Restate word for word the lines of the entries below, starting with the line that holds "trans a b c" and ending with the line that holds "P (insert_candidate c l)", and no others.

Entries supplied –
= Beginning of Section =
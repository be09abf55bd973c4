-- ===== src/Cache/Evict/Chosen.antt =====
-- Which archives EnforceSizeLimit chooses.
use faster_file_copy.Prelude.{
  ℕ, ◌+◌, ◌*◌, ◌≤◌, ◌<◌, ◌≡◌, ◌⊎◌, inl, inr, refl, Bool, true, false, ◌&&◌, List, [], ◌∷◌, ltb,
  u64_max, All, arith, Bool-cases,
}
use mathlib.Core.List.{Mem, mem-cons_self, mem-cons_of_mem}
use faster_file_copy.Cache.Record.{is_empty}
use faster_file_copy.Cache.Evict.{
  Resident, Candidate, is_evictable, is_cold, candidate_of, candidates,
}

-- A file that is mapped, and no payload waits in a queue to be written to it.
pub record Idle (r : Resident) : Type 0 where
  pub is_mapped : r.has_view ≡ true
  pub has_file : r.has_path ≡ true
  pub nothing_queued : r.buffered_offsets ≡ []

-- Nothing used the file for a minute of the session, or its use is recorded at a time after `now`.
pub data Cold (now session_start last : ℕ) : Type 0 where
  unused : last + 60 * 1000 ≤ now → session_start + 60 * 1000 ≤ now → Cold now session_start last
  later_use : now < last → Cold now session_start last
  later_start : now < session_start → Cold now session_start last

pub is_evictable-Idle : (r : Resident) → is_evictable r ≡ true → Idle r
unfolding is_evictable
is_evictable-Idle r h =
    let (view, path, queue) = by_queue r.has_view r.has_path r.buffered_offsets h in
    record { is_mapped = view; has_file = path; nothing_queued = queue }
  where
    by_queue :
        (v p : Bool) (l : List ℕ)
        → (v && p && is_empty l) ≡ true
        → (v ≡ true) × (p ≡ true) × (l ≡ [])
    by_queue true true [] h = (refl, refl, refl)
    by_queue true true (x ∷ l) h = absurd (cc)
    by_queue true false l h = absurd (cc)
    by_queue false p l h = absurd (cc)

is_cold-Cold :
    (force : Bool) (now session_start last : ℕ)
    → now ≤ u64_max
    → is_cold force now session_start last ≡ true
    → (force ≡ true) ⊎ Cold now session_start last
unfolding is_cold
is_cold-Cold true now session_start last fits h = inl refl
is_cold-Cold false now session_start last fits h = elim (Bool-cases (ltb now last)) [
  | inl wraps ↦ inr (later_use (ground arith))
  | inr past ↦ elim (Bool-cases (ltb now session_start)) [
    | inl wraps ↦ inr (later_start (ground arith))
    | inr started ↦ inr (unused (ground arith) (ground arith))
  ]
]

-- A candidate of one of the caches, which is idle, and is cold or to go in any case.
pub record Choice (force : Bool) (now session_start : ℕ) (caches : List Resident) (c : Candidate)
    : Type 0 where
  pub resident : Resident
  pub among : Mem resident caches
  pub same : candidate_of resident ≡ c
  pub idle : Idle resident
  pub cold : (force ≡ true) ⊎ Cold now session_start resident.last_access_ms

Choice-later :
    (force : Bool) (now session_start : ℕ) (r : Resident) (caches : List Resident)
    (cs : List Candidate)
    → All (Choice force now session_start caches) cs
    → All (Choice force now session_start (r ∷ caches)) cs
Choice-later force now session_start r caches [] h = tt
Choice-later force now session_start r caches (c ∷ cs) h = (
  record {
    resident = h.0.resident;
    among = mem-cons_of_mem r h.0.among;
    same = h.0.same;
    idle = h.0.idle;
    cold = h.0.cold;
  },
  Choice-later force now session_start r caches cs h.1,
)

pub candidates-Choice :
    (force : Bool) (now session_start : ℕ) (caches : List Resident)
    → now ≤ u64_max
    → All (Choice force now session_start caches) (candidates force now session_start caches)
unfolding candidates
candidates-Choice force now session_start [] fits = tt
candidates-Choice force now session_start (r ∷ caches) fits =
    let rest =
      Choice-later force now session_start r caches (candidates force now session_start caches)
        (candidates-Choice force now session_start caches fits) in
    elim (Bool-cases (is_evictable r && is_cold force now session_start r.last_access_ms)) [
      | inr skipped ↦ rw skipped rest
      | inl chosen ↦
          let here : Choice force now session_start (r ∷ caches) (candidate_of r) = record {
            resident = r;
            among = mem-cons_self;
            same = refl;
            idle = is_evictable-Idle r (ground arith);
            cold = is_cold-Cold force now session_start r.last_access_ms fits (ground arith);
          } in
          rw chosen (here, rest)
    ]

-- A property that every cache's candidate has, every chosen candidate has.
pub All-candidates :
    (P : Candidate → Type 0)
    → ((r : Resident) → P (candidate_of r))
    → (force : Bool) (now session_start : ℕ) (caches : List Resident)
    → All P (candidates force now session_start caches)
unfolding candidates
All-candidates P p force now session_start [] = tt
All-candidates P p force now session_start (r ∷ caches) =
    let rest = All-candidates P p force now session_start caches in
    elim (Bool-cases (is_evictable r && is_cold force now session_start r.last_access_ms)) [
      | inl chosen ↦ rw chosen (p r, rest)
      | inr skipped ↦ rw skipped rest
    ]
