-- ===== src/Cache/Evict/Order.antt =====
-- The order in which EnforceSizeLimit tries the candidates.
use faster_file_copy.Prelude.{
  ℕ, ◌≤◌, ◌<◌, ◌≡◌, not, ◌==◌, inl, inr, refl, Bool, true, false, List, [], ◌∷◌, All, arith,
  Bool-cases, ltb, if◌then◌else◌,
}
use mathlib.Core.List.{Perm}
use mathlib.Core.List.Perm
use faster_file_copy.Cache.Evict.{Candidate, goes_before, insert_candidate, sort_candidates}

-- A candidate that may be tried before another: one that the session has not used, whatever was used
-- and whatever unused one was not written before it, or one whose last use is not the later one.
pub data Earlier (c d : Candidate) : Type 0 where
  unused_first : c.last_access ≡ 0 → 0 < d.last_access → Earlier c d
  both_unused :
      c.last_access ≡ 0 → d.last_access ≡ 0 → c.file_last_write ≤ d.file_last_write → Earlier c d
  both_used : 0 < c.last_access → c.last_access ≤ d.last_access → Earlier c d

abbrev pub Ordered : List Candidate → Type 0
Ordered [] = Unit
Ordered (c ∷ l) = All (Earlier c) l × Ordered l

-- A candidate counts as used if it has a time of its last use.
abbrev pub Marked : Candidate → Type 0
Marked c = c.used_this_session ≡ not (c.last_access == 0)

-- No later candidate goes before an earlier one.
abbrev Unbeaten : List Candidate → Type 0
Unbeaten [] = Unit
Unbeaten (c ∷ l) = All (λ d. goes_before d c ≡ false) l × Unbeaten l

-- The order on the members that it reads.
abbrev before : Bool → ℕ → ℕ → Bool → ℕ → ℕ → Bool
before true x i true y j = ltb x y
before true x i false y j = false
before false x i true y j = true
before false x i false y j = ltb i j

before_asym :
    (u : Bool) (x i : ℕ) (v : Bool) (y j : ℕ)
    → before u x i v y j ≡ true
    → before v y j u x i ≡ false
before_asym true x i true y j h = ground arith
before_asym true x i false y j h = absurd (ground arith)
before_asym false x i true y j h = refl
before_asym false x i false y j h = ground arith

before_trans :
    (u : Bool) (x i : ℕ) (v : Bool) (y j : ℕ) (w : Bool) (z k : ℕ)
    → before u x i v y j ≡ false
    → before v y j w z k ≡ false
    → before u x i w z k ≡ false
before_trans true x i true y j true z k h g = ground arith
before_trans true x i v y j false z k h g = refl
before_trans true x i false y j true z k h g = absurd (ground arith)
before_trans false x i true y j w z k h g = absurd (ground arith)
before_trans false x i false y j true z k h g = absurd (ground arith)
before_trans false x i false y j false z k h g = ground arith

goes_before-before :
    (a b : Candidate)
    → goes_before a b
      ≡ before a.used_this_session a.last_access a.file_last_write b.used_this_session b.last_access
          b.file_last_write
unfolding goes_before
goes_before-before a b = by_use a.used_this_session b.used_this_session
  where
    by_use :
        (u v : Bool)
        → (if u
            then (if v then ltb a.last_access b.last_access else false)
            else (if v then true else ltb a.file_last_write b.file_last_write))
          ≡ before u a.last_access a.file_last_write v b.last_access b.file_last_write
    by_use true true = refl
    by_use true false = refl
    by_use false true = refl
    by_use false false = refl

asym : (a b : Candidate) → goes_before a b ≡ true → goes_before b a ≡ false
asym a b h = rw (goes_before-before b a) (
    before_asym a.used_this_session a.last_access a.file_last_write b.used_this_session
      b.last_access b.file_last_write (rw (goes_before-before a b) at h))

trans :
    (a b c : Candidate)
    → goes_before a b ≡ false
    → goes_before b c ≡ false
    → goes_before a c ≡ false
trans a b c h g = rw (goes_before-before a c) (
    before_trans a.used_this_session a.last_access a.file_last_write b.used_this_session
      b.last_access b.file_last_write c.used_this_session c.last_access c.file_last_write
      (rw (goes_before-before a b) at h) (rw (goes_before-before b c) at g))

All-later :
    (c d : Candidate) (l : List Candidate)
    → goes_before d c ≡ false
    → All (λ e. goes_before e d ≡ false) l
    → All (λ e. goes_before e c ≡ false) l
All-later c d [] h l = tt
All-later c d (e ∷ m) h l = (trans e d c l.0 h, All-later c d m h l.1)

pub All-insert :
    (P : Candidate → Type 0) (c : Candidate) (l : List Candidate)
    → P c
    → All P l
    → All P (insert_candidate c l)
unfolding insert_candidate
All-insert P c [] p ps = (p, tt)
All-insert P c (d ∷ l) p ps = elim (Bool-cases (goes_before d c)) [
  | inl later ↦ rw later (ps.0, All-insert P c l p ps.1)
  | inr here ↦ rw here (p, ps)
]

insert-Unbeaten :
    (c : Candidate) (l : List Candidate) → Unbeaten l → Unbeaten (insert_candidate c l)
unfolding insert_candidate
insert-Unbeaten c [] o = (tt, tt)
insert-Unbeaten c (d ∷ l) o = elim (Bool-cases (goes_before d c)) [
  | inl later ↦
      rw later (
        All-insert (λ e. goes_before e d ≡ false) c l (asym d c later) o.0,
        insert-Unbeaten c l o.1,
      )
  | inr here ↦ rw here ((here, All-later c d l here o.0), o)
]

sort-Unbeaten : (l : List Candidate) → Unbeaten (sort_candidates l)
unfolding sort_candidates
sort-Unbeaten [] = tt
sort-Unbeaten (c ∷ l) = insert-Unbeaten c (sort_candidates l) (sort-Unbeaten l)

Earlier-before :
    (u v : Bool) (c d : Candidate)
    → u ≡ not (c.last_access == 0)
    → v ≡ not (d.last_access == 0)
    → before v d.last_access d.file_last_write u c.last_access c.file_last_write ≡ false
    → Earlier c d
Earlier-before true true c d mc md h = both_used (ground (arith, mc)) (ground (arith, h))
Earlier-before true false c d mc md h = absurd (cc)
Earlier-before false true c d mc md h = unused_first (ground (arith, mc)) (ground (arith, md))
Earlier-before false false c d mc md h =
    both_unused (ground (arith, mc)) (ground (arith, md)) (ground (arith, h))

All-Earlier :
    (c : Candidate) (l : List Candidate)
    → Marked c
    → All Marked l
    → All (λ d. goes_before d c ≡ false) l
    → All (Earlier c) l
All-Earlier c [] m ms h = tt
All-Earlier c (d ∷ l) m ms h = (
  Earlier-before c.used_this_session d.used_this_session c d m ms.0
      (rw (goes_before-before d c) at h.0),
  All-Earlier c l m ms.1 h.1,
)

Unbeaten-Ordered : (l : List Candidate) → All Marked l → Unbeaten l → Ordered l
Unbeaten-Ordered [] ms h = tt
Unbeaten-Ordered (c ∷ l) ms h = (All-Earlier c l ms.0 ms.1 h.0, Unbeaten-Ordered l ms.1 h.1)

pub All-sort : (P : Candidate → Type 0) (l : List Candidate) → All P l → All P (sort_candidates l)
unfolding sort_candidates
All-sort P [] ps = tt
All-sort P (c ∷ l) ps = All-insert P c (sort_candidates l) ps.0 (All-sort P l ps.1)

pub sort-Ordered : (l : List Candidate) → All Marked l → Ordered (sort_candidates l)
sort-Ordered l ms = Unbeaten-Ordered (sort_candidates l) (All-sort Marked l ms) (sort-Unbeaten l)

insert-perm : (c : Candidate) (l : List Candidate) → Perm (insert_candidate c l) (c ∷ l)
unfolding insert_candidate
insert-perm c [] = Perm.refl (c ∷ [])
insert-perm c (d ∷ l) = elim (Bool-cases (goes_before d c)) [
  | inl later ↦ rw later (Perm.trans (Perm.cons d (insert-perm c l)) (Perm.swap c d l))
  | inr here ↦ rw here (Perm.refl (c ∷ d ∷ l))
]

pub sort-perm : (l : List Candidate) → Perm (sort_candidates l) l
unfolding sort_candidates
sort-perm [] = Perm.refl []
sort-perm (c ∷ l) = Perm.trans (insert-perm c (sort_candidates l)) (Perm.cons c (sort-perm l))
= End of Section =
Response below –
trans a b c h g = rw (goes_before-before a c) (
    before_trans a.used_this_session a.last_access a.file_last_write b.used_this_session
      b.last_access b.file_last_write c.used_this_session c.last_access c.file_last_write
      (rw (goes_before-before a b) at h) (rw (goes_before-before b c) at g))

All-later :
    (c d : Candidate) (l : List Candidate)
    → goes_before d c ≡ false
    → All (λ e. goes_before e d ≡ false) l
    → All (λ e. goes_before e c ≡ false) l
All-later c d [] h l = tt
All-later c d (e ∷ m) h l = (trans e d c l.0 h, All-later c d m h l.1)

pub All-insert :
    (P : Candidate → Type 0) (c : Candidate) (l : List Candidate)
    → P c
    → All P l
    → All P (insert_candidate c l)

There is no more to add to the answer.